The token club hit of the week slips in at Number 19 - Watchin' by the Freemasons and Amanda Wilson. It is the similar sounding follow up to Love On My Mind which hit Number 11 in September last year.
The latest stage in the solo career of former Blur guitarist Graham Coxon is the appropriately titled Standing On My Own Again. It is the first single taken from what will actually be his sixth solo album Love Travels At Illegal Speeds. His last album came in 2004, Happiness In Magazines which turned out to be his most successful to date, spawning four Top 40 singles, the biggest of which was the fourth one Freakin' Out which hit Number 19 and which but for one chart place remains for the moment his biggest solo hit. Mention, of course, must be made of Blur's 1999 single Coffee And TV on which Coxon took lead vocals for a change and which peaked at Number 11.

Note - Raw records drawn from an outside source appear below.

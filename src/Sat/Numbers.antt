-- ===== src/Sat/Numbers.antt =====
-- packages/core/src/satnumber.ts: the closed forms of the ordinal numbering. A sat number, a height
-- and an offset are natural numbers; `>>` is a division by a power of two.
use ordspv.Common.{
  ℕ, zero, suc, ◌+◌, ◌-◌, ◌*◌, ◌/◌, ◌%◌, ◌^◌, min, List, [], ◌∷◌, ◌==◌, ltb, leb, Result, ok, throw,
  if◌then◌else◌, ◌>>=◌,
}

abbrev pub epoch_blocks : ℕ
epoch_blocks = 210_000

abbrev pub cycle_blocks : ℕ
cycle_blocks = 1_260_000

abbrev pub diffchange_blocks : ℕ
diffchange_blocks = 2_016

abbrev pub initial_subsidy : ℕ
initial_subsidy = 5_000_000_000

abbrev pub final_epoch : ℕ
final_epoch = 33

-- `INITIAL_SUBSIDY >> BigInt(epoch)`
unfoldable pub epoch_subsidy : ℕ → ℕ
epoch_subsidy epoch = initial_subsidy / 2 ^ epoch

unfoldable pub subsidy_sats : ℕ → ℕ
subsidy_sats height =
    let epoch = height / epoch_blocks in if leb final_epoch epoch then 0 else epoch_subsidy epoch

-- The loop over the epochs from `epoch` on, `rounds` of which are left.
unfoldable pub first_sat_loop : ℕ → ℕ → ℕ → ℕ → ℕ
first_sat_loop zero epoch height start = start
first_sat_loop (suc rounds) epoch height start =
    let epoch_start = epoch * epoch_blocks in
    let blocks = min (height - epoch_start) epoch_blocks in
    let rest = first_sat_loop rounds (epoch + 1) height (start + blocks * epoch_subsidy epoch) in
    if leb height epoch_start then start else rest

unfoldable pub first_sat_of_block : ℕ → ℕ
first_sat_of_block height = first_sat_loop final_epoch 0 height 0

unfoldable pub total_sats : ℕ
total_sats = first_sat_of_block (final_epoch * epoch_blocks)

unfoldable pub last_sat : ℕ
last_sat = total_sats - 1

pub record SatPlace : Type 0 where
  pub height : ℕ
  pub offset : ℕ

unfoldable pub sat_to_height_loop : ℕ → ℕ → ℕ → ℕ → Result SatPlace
sat_to_height_loop zero epoch cum sat = throw "unreachable"
sat_to_height_loop (suc rounds) epoch cum sat =
    let subsidy = epoch_subsidy epoch in
    let epoch_sats = epoch_blocks * subsidy in
    let into = sat - cum in
    let rest = sat_to_height_loop rounds (epoch + 1) (cum + epoch_sats) sat in
    if ltb sat (cum + epoch_sats)
    then ok (record { height = epoch * epoch_blocks + into / subsidy; offset = into % subsidy })
    else rest

unfoldable pub sat_to_height : ℕ → Result SatPlace
sat_to_height sat =
    if leb total_sats sat then throw "sat out of range" else sat_to_height_loop final_epoch 0 0 sat

pub data SatRarity : Type 0 where
  mythic legendary epic rare uncommon common : SatRarity

unfoldable pub place_rarity : SatPlace → SatRarity
place_rarity p =
    if p.offset == 0
    then (if p.height % cycle_blocks == 0
        then legendary
        else (if p.height % epoch_blocks == 0
            then epic
            else (if p.height % diffchange_blocks == 0 then rare else uncommon)))
    else common

unfoldable pub sat_rarity : ℕ → Result SatRarity
unfolding place_rarity
sat_rarity sat = if sat == 0 then ok mythic else (sat_to_height sat >>= λ p. ok (place_rarity p))

-- `while (x > 0n)` on fuel: each round prepends a letter.
unfoldable pub name_loop : ℕ → ℕ → List ℕ → List ℕ
name_loop zero x name = name
name_loop (suc fuel) x name =
    let y = x - 1 in
    let rest = name_loop fuel (y / 26) ((97 + y % 26) ∷ name) in if ltb 0 x then rest else name

-- Each round shrinks `x`, so `x` rounds are enough.
unfoldable pub sat_name : ℕ → Result (List ℕ)
sat_name sat =
    if leb total_sats sat
    then throw "sat out of range"
    else (let x = last_sat - sat + 1 in ok (name_loop x x []))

The final new single of note this week lands right the way down at Number 28 and concerns the fascinating career to date of Jack Johnson. His album In Between Dreams is actually his third but it was the release of it early last year that brought him to people's attention in this country - so much so that he memorably won the "Best International Newcomer" award at the Brits last month. This immediately propelled the album to the top of the chart and brought to people's attention that he had so far failed to have a Top 40 single, Good People being his biggest hit reaching Number 50 early last year. All that changes this week as Better Together becomes the fifth single and fourth track to be taken from the album and now sneaks in at Number 28 to become his biggest hit to date. Fascinatingly the record company is now also taking the opportunity to re-promote his 2003 release On And On, running a series of TV commercials in the vein of "hey, this guy doesn't have just one great album out - he has two!"
That's all for this week, but watch out for the chart in seven days time. This week a series of tweaks to the chart rules kick in - most crucially the one which allows singles to chart on the basis of digital sales only in the week before they are physically released to the shops.